The answer must restate every entry exactly as it appears.

Records drawn from a dataset
╔══

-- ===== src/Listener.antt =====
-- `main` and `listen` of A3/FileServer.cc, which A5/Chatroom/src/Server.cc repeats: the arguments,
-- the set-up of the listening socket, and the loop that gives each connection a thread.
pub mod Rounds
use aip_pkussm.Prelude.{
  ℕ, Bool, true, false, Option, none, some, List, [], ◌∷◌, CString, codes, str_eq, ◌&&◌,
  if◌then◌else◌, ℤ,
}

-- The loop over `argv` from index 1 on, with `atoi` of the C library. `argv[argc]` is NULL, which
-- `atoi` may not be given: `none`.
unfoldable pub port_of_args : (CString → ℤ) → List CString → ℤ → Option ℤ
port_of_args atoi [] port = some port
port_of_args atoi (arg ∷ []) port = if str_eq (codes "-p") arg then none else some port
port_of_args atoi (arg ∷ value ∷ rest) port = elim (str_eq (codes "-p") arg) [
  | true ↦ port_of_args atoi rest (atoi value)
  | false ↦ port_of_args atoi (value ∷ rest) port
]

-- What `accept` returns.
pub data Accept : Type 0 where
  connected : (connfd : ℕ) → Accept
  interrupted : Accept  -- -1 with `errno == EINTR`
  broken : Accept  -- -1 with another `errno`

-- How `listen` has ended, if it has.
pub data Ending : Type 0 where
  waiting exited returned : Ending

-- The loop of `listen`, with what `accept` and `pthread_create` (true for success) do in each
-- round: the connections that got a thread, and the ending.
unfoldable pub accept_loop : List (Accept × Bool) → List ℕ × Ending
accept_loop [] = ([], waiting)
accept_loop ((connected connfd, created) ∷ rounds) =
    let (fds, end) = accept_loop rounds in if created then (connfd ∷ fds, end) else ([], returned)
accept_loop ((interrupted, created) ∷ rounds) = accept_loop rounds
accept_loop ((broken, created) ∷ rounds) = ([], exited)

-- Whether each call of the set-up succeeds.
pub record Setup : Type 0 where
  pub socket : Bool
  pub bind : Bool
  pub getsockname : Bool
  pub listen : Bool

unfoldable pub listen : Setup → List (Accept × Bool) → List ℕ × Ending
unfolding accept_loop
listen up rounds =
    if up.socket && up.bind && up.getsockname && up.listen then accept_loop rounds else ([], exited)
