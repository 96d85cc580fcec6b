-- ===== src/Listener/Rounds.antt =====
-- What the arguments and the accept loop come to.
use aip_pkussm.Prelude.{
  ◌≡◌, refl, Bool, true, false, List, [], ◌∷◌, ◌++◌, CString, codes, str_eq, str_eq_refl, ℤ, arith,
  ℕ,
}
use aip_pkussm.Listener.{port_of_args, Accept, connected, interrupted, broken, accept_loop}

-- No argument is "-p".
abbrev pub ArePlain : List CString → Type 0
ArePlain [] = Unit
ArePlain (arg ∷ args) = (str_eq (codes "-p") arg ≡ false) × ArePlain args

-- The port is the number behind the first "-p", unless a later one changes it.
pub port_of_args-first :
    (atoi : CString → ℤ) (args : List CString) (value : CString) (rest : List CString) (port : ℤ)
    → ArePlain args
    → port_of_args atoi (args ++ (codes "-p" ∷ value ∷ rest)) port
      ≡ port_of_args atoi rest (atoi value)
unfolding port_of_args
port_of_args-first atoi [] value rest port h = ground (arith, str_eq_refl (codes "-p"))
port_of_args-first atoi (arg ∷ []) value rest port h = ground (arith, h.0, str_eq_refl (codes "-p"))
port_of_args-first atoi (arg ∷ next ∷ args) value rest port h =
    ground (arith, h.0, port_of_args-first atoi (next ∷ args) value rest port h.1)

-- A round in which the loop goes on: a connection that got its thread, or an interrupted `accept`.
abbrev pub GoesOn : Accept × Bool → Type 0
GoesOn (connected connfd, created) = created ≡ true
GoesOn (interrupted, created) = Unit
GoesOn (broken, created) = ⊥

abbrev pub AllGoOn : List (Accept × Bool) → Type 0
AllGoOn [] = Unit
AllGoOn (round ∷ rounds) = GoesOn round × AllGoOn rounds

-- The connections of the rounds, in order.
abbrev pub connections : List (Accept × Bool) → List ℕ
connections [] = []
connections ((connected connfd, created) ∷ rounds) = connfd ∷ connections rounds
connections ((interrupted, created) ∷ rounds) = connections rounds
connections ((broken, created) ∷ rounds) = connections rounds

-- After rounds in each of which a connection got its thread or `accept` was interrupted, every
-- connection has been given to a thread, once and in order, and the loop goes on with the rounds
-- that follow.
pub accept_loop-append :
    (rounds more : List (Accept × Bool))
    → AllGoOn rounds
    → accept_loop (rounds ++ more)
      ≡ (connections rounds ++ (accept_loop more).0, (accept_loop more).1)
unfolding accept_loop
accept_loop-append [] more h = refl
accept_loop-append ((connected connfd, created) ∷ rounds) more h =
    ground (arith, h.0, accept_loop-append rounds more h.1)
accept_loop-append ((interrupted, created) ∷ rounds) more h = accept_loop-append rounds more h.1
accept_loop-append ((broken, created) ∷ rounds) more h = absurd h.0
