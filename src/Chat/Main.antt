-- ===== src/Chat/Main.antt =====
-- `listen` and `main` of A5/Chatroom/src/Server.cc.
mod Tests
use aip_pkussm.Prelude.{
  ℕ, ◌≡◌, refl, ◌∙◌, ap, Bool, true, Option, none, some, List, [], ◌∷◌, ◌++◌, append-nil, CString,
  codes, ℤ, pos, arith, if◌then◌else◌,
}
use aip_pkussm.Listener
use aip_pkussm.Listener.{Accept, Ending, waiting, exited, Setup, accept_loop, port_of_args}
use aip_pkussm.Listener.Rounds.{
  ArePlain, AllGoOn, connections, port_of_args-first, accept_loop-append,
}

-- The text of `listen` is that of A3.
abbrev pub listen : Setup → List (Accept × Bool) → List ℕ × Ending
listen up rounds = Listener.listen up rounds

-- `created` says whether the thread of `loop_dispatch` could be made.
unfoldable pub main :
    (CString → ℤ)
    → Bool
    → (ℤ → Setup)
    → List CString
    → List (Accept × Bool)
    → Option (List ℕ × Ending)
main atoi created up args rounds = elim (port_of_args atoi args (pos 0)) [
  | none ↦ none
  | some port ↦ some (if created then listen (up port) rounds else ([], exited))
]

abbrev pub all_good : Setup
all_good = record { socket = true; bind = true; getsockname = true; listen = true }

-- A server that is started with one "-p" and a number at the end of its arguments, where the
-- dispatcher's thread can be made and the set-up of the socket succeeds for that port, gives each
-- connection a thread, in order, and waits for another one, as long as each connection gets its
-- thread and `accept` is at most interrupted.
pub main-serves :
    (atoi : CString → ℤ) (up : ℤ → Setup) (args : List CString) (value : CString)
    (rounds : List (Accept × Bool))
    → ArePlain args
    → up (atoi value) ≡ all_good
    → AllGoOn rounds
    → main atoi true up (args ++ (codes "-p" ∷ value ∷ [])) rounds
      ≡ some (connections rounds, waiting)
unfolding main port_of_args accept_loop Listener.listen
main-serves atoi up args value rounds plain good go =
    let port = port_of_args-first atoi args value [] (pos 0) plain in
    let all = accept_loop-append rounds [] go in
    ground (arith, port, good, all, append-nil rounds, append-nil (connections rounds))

╚══

» Output for this task
-- ===== src/Listener.antt =====
-- `main` and `listen` of A3/FileServer.cc, which A5/Chatroom/src/Server.cc repeats: the arguments,
-- the set-up of the listening socket, and the loop that gives each connection a thread.
pub mod Rounds
use aip_pkussm.Prelude.{
  ℕ, Bool, true, false, Option, none, some, List, [], ◌∷◌, CString, codes, str_eq, ◌&&◌,
  if◌then◌else◌, ℤ,
}

-- The loop over `argv` from index 1 on, with `atoi` of the C library. `argv[argc]` is NULL, which
-- `atoi` may not be given: `none`.
unfoldable pub port_of_args : (CString → ℤ) → List CString → ℤ → Option ℤ
port_of_args atoi [] port = some port
port_of_args atoi (arg ∷ []) port = if str_eq (codes "-p") arg then none else some port
port_of_args atoi (arg ∷ value ∷ rest) port = elim (str_eq (codes "-p") arg) [
  | true ↦ port_of_args atoi rest (atoi value)
  | false ↦ port_of_args atoi (value ∷ rest) port
]

-- What `accept` returns.
pub data Accept : Type 0 where
  connected : (connfd : ℕ) → Accept
  interrupted : Accept  -- -1 with `errno == EINTR`
  broken : Accept  -- -1 with another `errno`

-- How `listen` has ended, if it has.
pub data Ending : Type 0 where
  waiting exited returned : Ending

-- The loop of `listen`, with what `accept` and `pthread_create` (true for success) do in each
-- round: the connections that got a thread, and the ending.
unfoldable pub accept_loop : List (Accept × Bool) → List ℕ × Ending
accept_loop [] = ([], waiting)
accept_loop ((connected connfd, created) ∷ rounds) =
    let (fds, end) = accept_loop rounds in if created then (connfd ∷ fds, end) else ([], returned)
accept_loop ((interrupted, created) ∷ rounds) = accept_loop rounds
accept_loop ((broken, created) ∷ rounds) = ([], exited)

-- Whether each call of the set-up succeeds.
pub record Setup : Type 0 where
  pub socket : Bool
  pub bind : Bool
  pub getsockname : Bool
  pub listen : Bool

unfoldable pub listen : Setup → List (Accept × Bool) → List ℕ × Ending
unfolding accept_loop
listen up rounds =
    if up.socket && up.bind && up.getsockname && up.listen then accept_loop rounds else ([], exited)
repository 96d85cc580fcec6b
-- ===== src/Listener/Rounds.antt =====
-- What the arguments and the accept loop come to.
use aip_pkussm.Prelude.{
  ◌≡◌, refl, Bool, true, false, List, [], ◌∷◌, ◌++◌, CString, codes, str_eq, str_eq_refl, ℤ, arith,
  ℕ,
}
use aip_pkussm.Listener.{port_of_args, Accept, connected, interrupted, broken, accept_loop}

-- No argument is "-p".
abbrev pub ArePlain : List CString → Type 0
ArePlain [] = Unit
ArePlain (arg ∷ args) = (str_eq (codes "-p") arg ≡ false) × ArePlain args

-- The port is the number behind the first "-p", unless a later one changes it.
pub port_of_args-first :
    (atoi : CString → ℤ) (args : List CString) (value : CString) (rest : List CString) (port : ℤ)
    → ArePlain args
    → port_of_args atoi (args ++ (codes "-p" ∷ value ∷ rest)) port
      ≡ port_of_args atoi rest (atoi value)
unfolding port_of_args
port_of_args-first atoi [] value rest port h = ground (arith, str_eq_refl (codes "-p"))
port_of_args-first atoi (arg ∷ []) value rest port h = ground (arith, h.0, str_eq_refl (codes "-p"))
port_of_args-first atoi (arg ∷ next ∷ args) value rest port h =
    ground (arith, h.0, port_of_args-first atoi (next ∷ args) value rest port h.1)

-- A round in which the loop goes on: a connection that got its thread, or an interrupted `accept`.
abbrev pub GoesOn : Accept × Bool → Type 0
GoesOn (connected connfd, created) = created ≡ true
GoesOn (interrupted, created) = Unit
GoesOn (broken, created) = ⊥

abbrev pub AllGoOn : List (Accept × Bool) → Type 0
AllGoOn [] = Unit
AllGoOn (round ∷ rounds) = GoesOn round × AllGoOn rounds

-- The connections of the rounds, in order.
abbrev pub connections : List (Accept × Bool) → List ℕ
connections [] = []
connections ((connected connfd, created) ∷ rounds) = connfd ∷ connections rounds
connections ((interrupted, created) ∷ rounds) = connections rounds
connections ((broken, created) ∷ rounds) = connections rounds

-- After rounds in each of which a connection got its thread or `accept` was interrupted, every
-- connection has been given to a thread, once and in order, and the loop goes on with the rounds
-- that follow.
pub accept_loop-append :
    (rounds more : List (Accept × Bool))
    → AllGoOn rounds
    → accept_loop (rounds ++ more)
      ≡ (connections rounds ++ (accept_loop more).0, (accept_loop more).1)
unfolding accept_loop
accept_loop-append [] more h = refl
accept_loop-append ((connected connfd, created) ∷ rounds) more h =
    ground (arith, h.0, accept_loop-append rounds more h.1)
accept_loop-append ((interrupted, created) ∷ rounds) more h = accept_loop-append rounds more h.1
accept_loop-append ((broken, created) ∷ rounds) more h = absurd h.0
filename src/Chat/Main.antt
-- ===== src/Chat/Main.antt =====
-- `listen` and `main` of A5/Chatroom/src/Server.cc.
mod Tests
use aip_pkussm.Prelude.{
  ℕ, ◌≡◌, refl, ◌∙◌, ap, Bool, true, Option, none, some, List, [], ◌∷◌, ◌++◌, append-nil, CString,
  codes, ℤ, pos, arith, if◌then◌else◌,
}
use aip_pkussm.Listener
use aip_pkussm.Listener.{Accept, Ending, waiting, exited, Setup, accept_loop, port_of_args}
use aip_pkussm.Listener.Rounds.{
  ArePlain, AllGoOn, connections, port_of_args-first, accept_loop-append,
}

-- The text of `listen` is that of A3.
abbrev pub listen : Setup → List (Accept × Bool) → List ℕ × Ending
listen up rounds = Listener.listen up rounds

-- `created` says whether the thread of `loop_dispatch` could be made.
unfoldable pub main :
    (CString → ℤ)
    → Bool
    → (ℤ → Setup)
    → List CString
    → List (Accept × Bool)
    → Option (List ℕ × Ending)
main atoi created up args rounds = elim (port_of_args atoi args (pos 0)) [
  | none ↦ none
  | some port ↦ some (if created then listen (up port) rounds else ([], exited))
]

abbrev pub all_good : Setup
all_good = record { socket = true; bind = true; getsockname = true; listen = true }

-- A server that is started with one "-p" and a number at the end of its arguments, where the
-- dispatcher's thread can be made and the set-up of the socket succeeds for that port, gives each
-- connection a thread, in order, and waits for another one, as long as each connection gets its
-- thread and `accept` is at most interrupted.
pub main-serves :
    (atoi : CString → ℤ) (up : ℤ → Setup) (args : List CString) (value : CString)
    (rounds : List (Accept × Bool))
    → ArePlain args
    → up (atoi value) ≡ all_good
    → AllGoOn rounds
    → main atoi true up (args ++ (codes "-p" ∷ value ∷ [])) rounds
      ≡ some (connections rounds, waiting)
unfolding main port_of_args accept_loop Listener.listen
main-serves atoi up args value rounds plain good go =
    let port = port_of_args-first atoi args value [] (pos 0) plain in
    let all = accept_loop-append rounds [] go in
    ground (arith, port, good, all, append-nil rounds, append-nil (connections rounds))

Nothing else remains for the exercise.